Start at the line with "ground (arith, insert_sorted-Distinct" in the records below, stop at the line with "(f g : ℕ → ℕ) (ps : List ℕ)", and return every line in that span exactly, the two end lines included.

(SOURCE INFORMATION)

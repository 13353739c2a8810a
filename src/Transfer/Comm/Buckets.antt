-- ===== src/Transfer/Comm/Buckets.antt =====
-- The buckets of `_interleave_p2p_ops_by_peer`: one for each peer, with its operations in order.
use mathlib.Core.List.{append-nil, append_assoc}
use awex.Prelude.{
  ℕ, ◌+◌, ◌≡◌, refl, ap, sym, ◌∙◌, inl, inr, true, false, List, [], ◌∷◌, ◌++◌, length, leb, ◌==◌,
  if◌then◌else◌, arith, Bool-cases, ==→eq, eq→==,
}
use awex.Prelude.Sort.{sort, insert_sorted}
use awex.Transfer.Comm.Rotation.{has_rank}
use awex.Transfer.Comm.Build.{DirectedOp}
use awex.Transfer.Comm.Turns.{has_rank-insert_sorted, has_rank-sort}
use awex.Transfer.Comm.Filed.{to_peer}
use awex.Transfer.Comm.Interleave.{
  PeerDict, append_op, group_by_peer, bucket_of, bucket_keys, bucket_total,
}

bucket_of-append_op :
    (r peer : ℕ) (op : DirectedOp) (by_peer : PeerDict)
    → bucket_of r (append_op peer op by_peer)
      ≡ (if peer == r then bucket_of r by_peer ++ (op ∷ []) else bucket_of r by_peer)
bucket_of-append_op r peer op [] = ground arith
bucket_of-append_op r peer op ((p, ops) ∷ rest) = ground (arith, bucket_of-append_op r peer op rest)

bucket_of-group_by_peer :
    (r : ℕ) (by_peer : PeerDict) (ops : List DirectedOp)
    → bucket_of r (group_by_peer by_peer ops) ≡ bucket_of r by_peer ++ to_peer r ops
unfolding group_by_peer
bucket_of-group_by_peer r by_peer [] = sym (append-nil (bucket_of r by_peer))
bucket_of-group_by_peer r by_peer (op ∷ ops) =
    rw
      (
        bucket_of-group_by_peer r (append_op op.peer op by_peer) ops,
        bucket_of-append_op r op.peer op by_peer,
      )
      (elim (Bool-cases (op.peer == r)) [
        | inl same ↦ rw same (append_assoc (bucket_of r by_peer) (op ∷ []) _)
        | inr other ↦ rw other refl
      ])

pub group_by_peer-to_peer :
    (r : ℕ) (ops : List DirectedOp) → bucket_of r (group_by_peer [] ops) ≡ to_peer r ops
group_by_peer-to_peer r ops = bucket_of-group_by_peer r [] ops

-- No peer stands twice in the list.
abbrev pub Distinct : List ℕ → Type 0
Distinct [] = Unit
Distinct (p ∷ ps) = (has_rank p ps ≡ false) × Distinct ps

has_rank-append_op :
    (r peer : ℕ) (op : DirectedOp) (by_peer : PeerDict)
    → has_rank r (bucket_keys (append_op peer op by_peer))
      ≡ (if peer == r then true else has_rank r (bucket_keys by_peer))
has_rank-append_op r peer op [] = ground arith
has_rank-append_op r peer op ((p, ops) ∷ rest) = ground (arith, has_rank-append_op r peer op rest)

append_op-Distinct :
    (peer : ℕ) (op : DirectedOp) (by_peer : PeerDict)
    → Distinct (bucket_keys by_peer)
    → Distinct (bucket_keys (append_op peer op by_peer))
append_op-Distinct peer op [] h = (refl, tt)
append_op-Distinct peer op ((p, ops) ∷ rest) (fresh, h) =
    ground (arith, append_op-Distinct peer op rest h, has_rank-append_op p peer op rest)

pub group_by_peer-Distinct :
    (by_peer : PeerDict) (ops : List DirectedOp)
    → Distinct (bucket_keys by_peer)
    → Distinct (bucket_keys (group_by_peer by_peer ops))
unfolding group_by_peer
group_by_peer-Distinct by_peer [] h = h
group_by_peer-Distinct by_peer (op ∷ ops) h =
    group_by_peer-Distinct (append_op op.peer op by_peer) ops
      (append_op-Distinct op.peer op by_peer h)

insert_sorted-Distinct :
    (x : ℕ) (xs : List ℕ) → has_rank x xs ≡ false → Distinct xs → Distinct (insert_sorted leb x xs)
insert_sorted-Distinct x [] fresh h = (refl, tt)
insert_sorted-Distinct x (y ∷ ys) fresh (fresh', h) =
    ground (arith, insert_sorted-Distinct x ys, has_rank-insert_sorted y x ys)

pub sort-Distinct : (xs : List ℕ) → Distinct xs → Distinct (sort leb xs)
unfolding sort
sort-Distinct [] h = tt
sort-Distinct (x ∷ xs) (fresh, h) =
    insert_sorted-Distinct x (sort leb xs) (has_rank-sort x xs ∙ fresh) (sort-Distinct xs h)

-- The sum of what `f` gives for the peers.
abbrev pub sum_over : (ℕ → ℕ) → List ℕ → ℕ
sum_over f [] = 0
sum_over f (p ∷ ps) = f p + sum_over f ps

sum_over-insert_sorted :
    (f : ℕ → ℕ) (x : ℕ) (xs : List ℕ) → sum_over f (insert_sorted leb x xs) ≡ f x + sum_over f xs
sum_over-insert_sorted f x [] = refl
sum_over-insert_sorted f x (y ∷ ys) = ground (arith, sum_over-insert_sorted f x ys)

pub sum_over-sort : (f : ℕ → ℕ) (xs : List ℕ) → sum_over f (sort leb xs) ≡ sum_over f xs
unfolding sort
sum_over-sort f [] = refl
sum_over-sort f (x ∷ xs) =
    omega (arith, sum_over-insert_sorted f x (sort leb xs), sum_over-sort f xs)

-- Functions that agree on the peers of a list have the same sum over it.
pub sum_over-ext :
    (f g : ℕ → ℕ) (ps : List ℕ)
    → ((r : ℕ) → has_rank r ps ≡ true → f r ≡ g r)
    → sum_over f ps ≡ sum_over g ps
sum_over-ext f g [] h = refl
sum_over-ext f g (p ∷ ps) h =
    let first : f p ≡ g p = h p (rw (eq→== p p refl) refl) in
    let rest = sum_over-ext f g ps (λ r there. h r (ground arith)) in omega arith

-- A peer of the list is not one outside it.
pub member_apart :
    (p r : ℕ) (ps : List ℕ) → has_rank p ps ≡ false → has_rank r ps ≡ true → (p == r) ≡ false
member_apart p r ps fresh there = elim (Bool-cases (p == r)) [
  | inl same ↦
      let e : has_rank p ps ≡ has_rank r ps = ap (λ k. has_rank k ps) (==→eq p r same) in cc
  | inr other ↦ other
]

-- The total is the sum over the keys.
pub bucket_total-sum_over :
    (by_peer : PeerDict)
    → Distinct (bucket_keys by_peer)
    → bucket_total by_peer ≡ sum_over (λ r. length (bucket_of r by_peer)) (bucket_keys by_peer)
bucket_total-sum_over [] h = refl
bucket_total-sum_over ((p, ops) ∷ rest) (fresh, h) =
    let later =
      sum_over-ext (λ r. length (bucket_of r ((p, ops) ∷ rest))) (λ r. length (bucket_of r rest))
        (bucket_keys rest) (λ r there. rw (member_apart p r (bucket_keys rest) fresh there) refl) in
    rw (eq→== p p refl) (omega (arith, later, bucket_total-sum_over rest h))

(End SOURCE INFORMATION)

RESULT FOR THIS EXERCISE:
    ground (arith, insert_sorted-Distinct x ys, has_rank-insert_sorted y x ys)

pub sort-Distinct : (xs : List ℕ) → Distinct xs → Distinct (sort leb xs)
unfolding sort
sort-Distinct [] h = tt
sort-Distinct (x ∷ xs) (fresh, h) =
    insert_sorted-Distinct x (sort leb xs) (has_rank-sort x xs ∙ fresh) (sort-Distinct xs h)

-- The sum of what `f` gives for the peers.
abbrev pub sum_over : (ℕ → ℕ) → List ℕ → ℕ
sum_over f [] = 0
sum_over f (p ∷ ps) = f p + sum_over f ps

sum_over-insert_sorted :
    (f : ℕ → ℕ) (x : ℕ) (xs : List ℕ) → sum_over f (insert_sorted leb x xs) ≡ f x + sum_over f xs
sum_over-insert_sorted f x [] = refl
sum_over-insert_sorted f x (y ∷ ys) = ground (arith, sum_over-insert_sorted f x ys)

pub sum_over-sort : (f : ℕ → ℕ) (xs : List ℕ) → sum_over f (sort leb xs) ≡ sum_over f xs
unfolding sort
sum_over-sort f [] = refl
sum_over-sort f (x ∷ xs) =
    omega (arith, sum_over-insert_sorted f x (sort leb xs), sum_over-sort f xs)

-- Functions that agree on the peers of a list have the same sum over it.
pub sum_over-ext :
    (f g : ℕ → ℕ) (ps : List ℕ)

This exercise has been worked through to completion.